Estamos en terreno inédito. El virus es el mismo, pero los países no. Cada cual debe hacer un planteamiento de acuerdo a su realidad, bueno, en el caso de México, sus dos realidades. Todos van a perder; solo el tiempo dirá si la propuesta de López Obrador resultó conveniente, pero en su momento habría que compararlo con Argentina, Brasil o Colombia. No con Alemania como ahora se está haciendo.

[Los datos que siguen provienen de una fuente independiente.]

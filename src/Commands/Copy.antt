-- ===== src/Commands/Copy.antt =====
-- The worker of dump copies a file.
use mathlib.Core.Path.{subst}
use native.Mathlib.Decide.{dec_le}
use native.Mathlib.Nat.{suc-mul}
use fuse_nx.Prelude.{
  ℕ, zero, suc, ◌+◌, ◌-◌, ◌*◌, ◌≤◌, ◌<◌, ◌^◌, ◌≡◌, refl, sym, ap, ◌∙◌, arith, min, false, ltb,
  lt→ltb, le→leb, ap₂, List, [], ◌∷◌, ◌++◌, length, take, drop,
}
use fuse_nx.Prelude.Words.{u64}
use fuse_nx.Prelude.Slices.{
  slice, overwrite, length-slice, drop_all, drop-drop, take-nil, drop-nil, length-overwrite,
}
use fuse_nx.Keys.Lines.{take_prefix}
use fuse_nx.Io.{FileBase, size}
use fuse_nx.Romfs.Types.{ok, ◌>>=◌}
use fuse_nx.Vfs.Interface.{Interface}
use fuse_nx.Commands.Dump.{copy}

le→ltb : (a b : ℕ) → b ≤ a → ltb a b ≡ false
le→ltb a b h = ground arith

-- A piece of a list, and what is behind it.
take_then_drop : (n : ℕ) (xs : List ℕ) → take n xs ++ drop (length (take n xs)) xs ≡ xs
take_then_drop n [] = ap₂ ◌++◌ (take-nil n) (drop-nil (length (take n [])))
take_then_drop zero (x ∷ xs) = refl
take_then_drop (suc n) (x ∷ xs) = ap (◌∷◌ x) (take_then_drop n xs)

module _ {C W : Type 0} (ops : Interface C W) (Shows : FileBase → W → List ℕ → Type 0) where
  -- A file shows some bytes: its size is their number, and a read from within it stores what there is from
  -- there on, tells how much it is, and leaves a file that shows the same.
  pub record IsReader : Type 0 where
    pub sized : {f : FileBase} {w : W} {xs : List ℕ} → Shows f w xs → size f ≡ length xs
    pub bounded : {f : FileBase} {w : W} {xs : List ℕ} → Shows f w xs → length xs < 2 ^ 63
    pub reads :
        {f : FileBase} {w : W} {xs : List ℕ} (p : ℕ) (buf : List ℕ)
        → Shows f w xs
        → p ≤ length xs
        → (f' : FileBase) × (w' : W) × (ops.read_at p f buf w
            ≡ ok
                (length (slice p (length buf) xs), overwrite buf (slice p (length buf) xs), f', w'))
          × Shows f' w' xs

  take-overwrite : (buf got : List ℕ) → take (length got) (overwrite buf got) ≡ got
  take-overwrite buf got = take_prefix got _

  copy_past :
      (k p : ℕ) (f : FileBase) (buf : List ℕ) (w : W)
      → size f ≤ p
      → copy ops k p f buf w ≡ ok ([], f, w)
  unfolding copy
  copy_past zero p f buf w h = rw (le→ltb p (size f) h, copy) refl
  copy_past (suc k) p f buf w h = rw (le→ltb p (size f) h, copy) refl

  copy_end :
      (k p : ℕ) (f : FileBase) (buf : List ℕ) (w : W) (xs : List ℕ)
      → IsReader
      → Shows f w xs
      → length xs ≤ p
      → copy ops k p f buf w ≡ ok (drop p xs, f, w)
  copy_end k p f buf w xs reader shows past =
      copy_past k p f buf w (omega (arith, reader.sized shows))
      ∙ ap (λ ys. ok (ys, f, w)) (sym (drop_all p xs past))

  copy_round :
      (k p : ℕ) (f : FileBase) (buf : List ℕ) (w : W) (count : ℕ) (buf' : List ℕ) (f' : FileBase)
      (w' : W)
      → p < size f
      → ops.read_at p f buf w ≡ ok (count, buf', f', w')
      → count ≤ length buf'
      → (rest : List ℕ) (f'' : FileBase) (w'' : W)
      → copy ops k (u64 (p + count)) f' buf' w' ≡ ok (rest, f'', w'')
      → copy ops (suc k) p f buf w ≡ ok (take count buf' ++ rest, f'', w'')
  unfolding copy
  copy_round k p f buf w count buf' f' w' inside e fits rest f'' w'' ih =
      rw (lt→ltb p (size f) inside, copy)
        (rw (e, ◌>>=◌) (rw (le→leb count (length buf') fits) (rw (ih, ◌>>=◌) refl)))

  pub copy-Shows :
      (k p : ℕ) (f : FileBase) (buf : List ℕ) (w : W) (xs : List ℕ)
      → IsReader
      → Shows f w xs
      → p ≤ length xs
      → 0 < length buf
      → length buf < 2 ^ 63
      → length xs ≤ p + k * length buf
      → (f' : FileBase) × (w' : W) × (copy ops k p f buf w ≡ ok (drop p xs, f', w'))
        × Shows f' w' xs
  copy-Shows zero p f buf w xs reader shows h some_buf small enough =
      (f, w, copy_end zero p f buf w xs reader shows (omega (arith, enough)), shows)
  copy-Shows (suc k) p f buf w xs reader shows h some_buf small enough =
      elim (dec_le (length xs) p) [
        | yes past ↦ (f, w, copy_end (suc k) p f buf w xs reader shows past, shows)
        | no inside ↦
            let (f', w', e, shows') = reader.reads p buf shows h in
            let got = slice p (length buf) xs in
            let n : length got ≡ min (length buf) (length xs - p) =
              length-slice p (length buf) xs in
            let wide : length (overwrite buf got) ≡ length buf =
              length-overwrite buf got (omega (arith, n)) in
            let here : u64 (p + length got) ≡ p + length got =
              omega (arith, n, reader.bounded shows, small) in
            let (f'', w'', ih, shows'') =
              copy-Shows k (p + length got) f' (overwrite buf got) w' xs reader shows'
                (omega (arith, n, h)) (omega (arith, wide, some_buf)) (omega (arith, wide, small))
                (subst (λ m. length xs ≤ (p + length got) + k * m) (sym wide)
                  (omega (arith, n, enough, suc-mul k (length buf), h))) in
            (
              f'',
              w'',
              copy_round k p f buf w (length got) (overwrite buf got) f' w'
                    (omega (arith, inside, reader.sized shows)) e (omega (arith, n, wide))
                    (drop (p + length got) xs) f'' w''
                    (ap (λ q. copy ops k q f' (overwrite buf got) w') here ∙ ih)
                  ∙ ap (λ ys. ok (ys, f'', w''))
                      (ap₂ ◌++◌ (take-overwrite buf got) (sym (drop-drop (length got) p xs))
                        ∙ take_then_drop (length buf) (drop p xs)),
              shows'',
            )
      ]
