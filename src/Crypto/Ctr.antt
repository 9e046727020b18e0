-- ===== src/Crypto/Ctr.antt =====
-- Counter mode: what `AesCtr` relies on, and that a counter set from a position gives the key
-- stream from that position on.
use fuse_nx.Prelude.{
  ℕ, zero, suc, ◌+◌, ◌*◌, ◌/◌, ◌%◌, ◌^◌, ◌≤◌, ◌<◌, ◌≡◌, refl, ap, ap₂, ◌∙◌, arith, bit_xor, List,
  [], ◌∷◌, ◌++◌, length, take, drop, length-append,
}
use fuse_nx.Prelude.Bytes.{
  be, to_le, to_be, length-to_le, length-to_be, to_le-le, be-append, be-to_be, be-lt, to_le-IsBytes,
  to_be-IsBytes,
}
use fuse_nx.Prelude.Slices.{slice}
use fuse_nx.Crypto.{Backend, Handle, set_iv, ctr, AesCtr, key_of, bswap64, set_ctr, decrypt_ctr}

-- The bytes from position `q` on, each with the key stream's byte at its position.
unfoldable pub xor_from : (ℕ → ℕ) → ℕ → List ℕ → List ℕ
xor_from g q [] = []
xor_from g q (x ∷ xs) = bit_xor x (g q) ∷ xor_from g (suc q) xs

pub length-xor_from : (g : ℕ → ℕ) (q : ℕ) (xs : List ℕ) → length (xor_from g q xs) ≡ length xs
unfolding xor_from
length-xor_from g q [] = refl
length-xor_from g q (x ∷ xs) = ap suc (length-xor_from g (suc q) xs)

pub take-xor_from :
    (g : ℕ → ℕ) (q n : ℕ) (xs : List ℕ) → take n (xor_from g q xs) ≡ xor_from g q (take n xs)
unfolding xor_from
take-xor_from g q zero xs = refl
take-xor_from g q (suc n) [] = refl
take-xor_from g q (suc n) (x ∷ xs) = ap (◌∷◌ (bit_xor x (g q))) (take-xor_from g (suc q) n xs)

pub drop-xor_from :
    (g : ℕ → ℕ) (q n : ℕ) (xs : List ℕ) → drop n (xor_from g q xs) ≡ xor_from g (q + n) (drop n xs)
unfolding xor_from
drop-xor_from g q zero xs = ap (λ (k : ℕ). xor_from g k xs) (omega arith)
drop-xor_from g q (suc n) [] = refl
drop-xor_from g q (suc n) (x ∷ xs) =
    drop-xor_from g (suc q) n xs
    ∙ ap (λ (k : ℕ). xor_from g k (drop n xs)) {x = suc q + n} (omega arith)

pub slice-xor_from :
    (g : ℕ → ℕ) (q o n : ℕ) (xs : List ℕ)
    → slice o n (xor_from g q xs) ≡ xor_from g (q + o) (slice o n xs)
slice-xor_from g q o n xs =
    ap (take n) (drop-xor_from g q o xs) ∙ take-xor_from g (q + o) n (drop o xs)

-- The key stream may be computed from another origin.
pub xor_from-shift :
    (f g : ℕ → ℕ) (p q : ℕ) (xs : List ℕ)
    → ((i : ℕ) → i < length xs → f (p + i) ≡ g (q + i))
    → xor_from f p xs ≡ xor_from g q xs
unfolding xor_from
xor_from-shift f g p q [] h = refl
xor_from-shift f g p q (x ∷ xs) h =
    ap₂ ◌∷◌ (ap (bit_xor x) (at_suc 0 (omega arith) (omega arith) (omega arith))) (
      xor_from-shift f g (suc p) (suc q) xs
        λ i lt. at_suc (suc i) (omega arith) (omega arith) (omega arith))
  where
    at_suc : {m n : ℕ} (i : ℕ) → m ≡ p + i → n ≡ q + i → i < length (x ∷ xs) → f m ≡ g n
    at_suc i e e' lt = rw (e, e') (h i lt)

-- Counter mode as it is documented: byte `i` of a message is combined with byte `i % 16` of the
-- block that the key makes of the counter plus `i / 16`, the counter being a big-endian number of
-- 128 bits. `pad` is the cipher itself, of which nothing is assumed.
pub record IsCtrMode (b : Backend) (pad : List ℕ → ℕ → ℕ → ℕ) : Type 0 where
  pub stream :
      (h : Handle) (iv bytes : List ℕ)
      → length iv ≡ 16
      → (b.run ctr (set_iv iv ∷ h) bytes).bytes
        ≡ xor_from (λ i. pad (key_of h) ((be iv + i / 16) % 2 ^ 128) (i % 16)) 0 bytes

-- The key stream of a file at its position `q`.
pub key_stream : (List ℕ → ℕ → ℕ → ℕ) → List ℕ → ℕ → ℕ → ℕ
key_stream pad key nonce q = pad key (be (to_le 8 nonce) * 2 ^ 64 + q / 16) (q % 16)

-- A nonce that was swapped is swapped back on its way into the counter.
pub key_stream-bswap64 :
    (pad : List ℕ → ℕ → ℕ → ℕ) (key : List ℕ) (v q : ℕ)
    → v < 2 ^ 64
    → key_stream pad key (bswap64 v) q ≡ pad key (v * 2 ^ 64 + q / 16) (q % 16)
unfolding key_stream bswap64
key_stream-bswap64 pad key v q h =
    ap (λ (n : ℕ). pad key (n * 2 ^ 64 + q / 16) (q % 16))
      (ap be (to_le-le 8 (to_be 8 v) (length-to_be 8 v) (to_be-IsBytes 8 v)) ∙ be-to_be v h)

-- The counter as `set_ctr` stores it: the nonce's bytes in memory, then `val`, big-endian.
counter_words :
    (c : AesCtr) (val : ℕ)
    → val < 2 ^ 64
    → be (to_le 8 c.nonce ++ to_le 8 (bswap64 val)) ≡ be (to_le 8 c.nonce) * 2 ^ 64 + val
unfolding bswap64
counter_words c val h = rw (
  to_le-le 8 (to_be 8 val) (length-to_be 8 val) (to_be-IsBytes 8 val),
  be-append (to_le 8 c.nonce) (to_be 8 val),
  length-to_be 8 val,
  be-to_be val h,
)

module _ {b : Backend} {pad : List ℕ → ℕ → ℕ → ℕ} (mode : IsCtrMode b pad) where
  -- With the counter set from a block's position, decryption gives the key stream from there on.
  pub decrypt_ctr-set_ctr :
      (c : AesCtr) (p : ℕ) (bytes : List ℕ)
      → key_of c.handle ≡ c.key
      → p % 16 ≡ 0
      → p + length bytes ≤ 2 ^ 64
      → (decrypt_ctr b (set_ctr c (p / 16)) bytes).0
        ≡ xor_from (key_stream pad c.key c.nonce) p bytes
  unfolding decrypt_ctr set_ctr key_stream
  decrypt_ctr-set_ctr c p bytes keyed aligned fits =
      mode.stream c.handle (to_le 8 c.nonce ++ to_le 8 (bswap64 (p / 16))) bytes iv_size
      ∙ rw (counter_words c (p / 16) (omega arith), keyed)
          (xor_from-shift _ _ 0 p bytes
            λ i lt. ap₂ (pad c.key) (omega (arith, nonce_fits)) (omega arith))
    where
      iv_size : length (to_le 8 c.nonce ++ to_le 8 (bswap64 (p / 16))) ≡ 16
      iv_size = omega (
        arith,
        length-append (to_le 8 c.nonce) (to_le 8 (bswap64 (p / 16))),
        length-to_le 8 c.nonce,
        length-to_le 8 (bswap64 (p / 16)),
      )

      nonce_fits : be (to_le 8 c.nonce) < 256 ^ 8
      nonce_fits =
          rw (length-to_le 8 c.nonce) at (be-lt (to_le 8 c.nonce) (to_le-IsBytes 8 c.nonce))

-- A decryption leaves the key and the nonce.
pub decrypt_ctr-keeps :
    (b : Backend) (c : AesCtr) (val : ℕ) (bytes : List ℕ)
    → let c' = (decrypt_ctr b (set_ctr c val) bytes).1 in
      (key_of c'.handle ≡ key_of c.handle) × (c'.key ≡ c.key) × (c'.nonce ≡ c.nonce)
unfolding decrypt_ctr set_ctr
decrypt_ctr-keeps b c val bytes = (refl, refl, refl)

Organismos financieros internacionales ya se preguntan si algunos de los países emergentes podrían incurrir con una crisis de deuda peor que la sufrida en 1989, como resultado de los paquetes de rescate anunciados. Si su pronóstico es acertado, el Gobierno de México no se encontrará en ese caso. Este martes The New York Times publicó una nota sobre las dos realidades en Italia: mientras que el norte industrial ha padecido el grueso de las muertes, el sur está en camino de una tragedia social y económica, justamente porque el plan de apoyo no alcanza a buena parte de la población.

El presidente está perdido en su propio país, pero en cierta manera muchos de sus críticos también se regodean en el suyo. La pregunta es en cuál vive la mayoría de los mexicanos y quiénes deben tener preferencia en momentos de angustia y calamidad.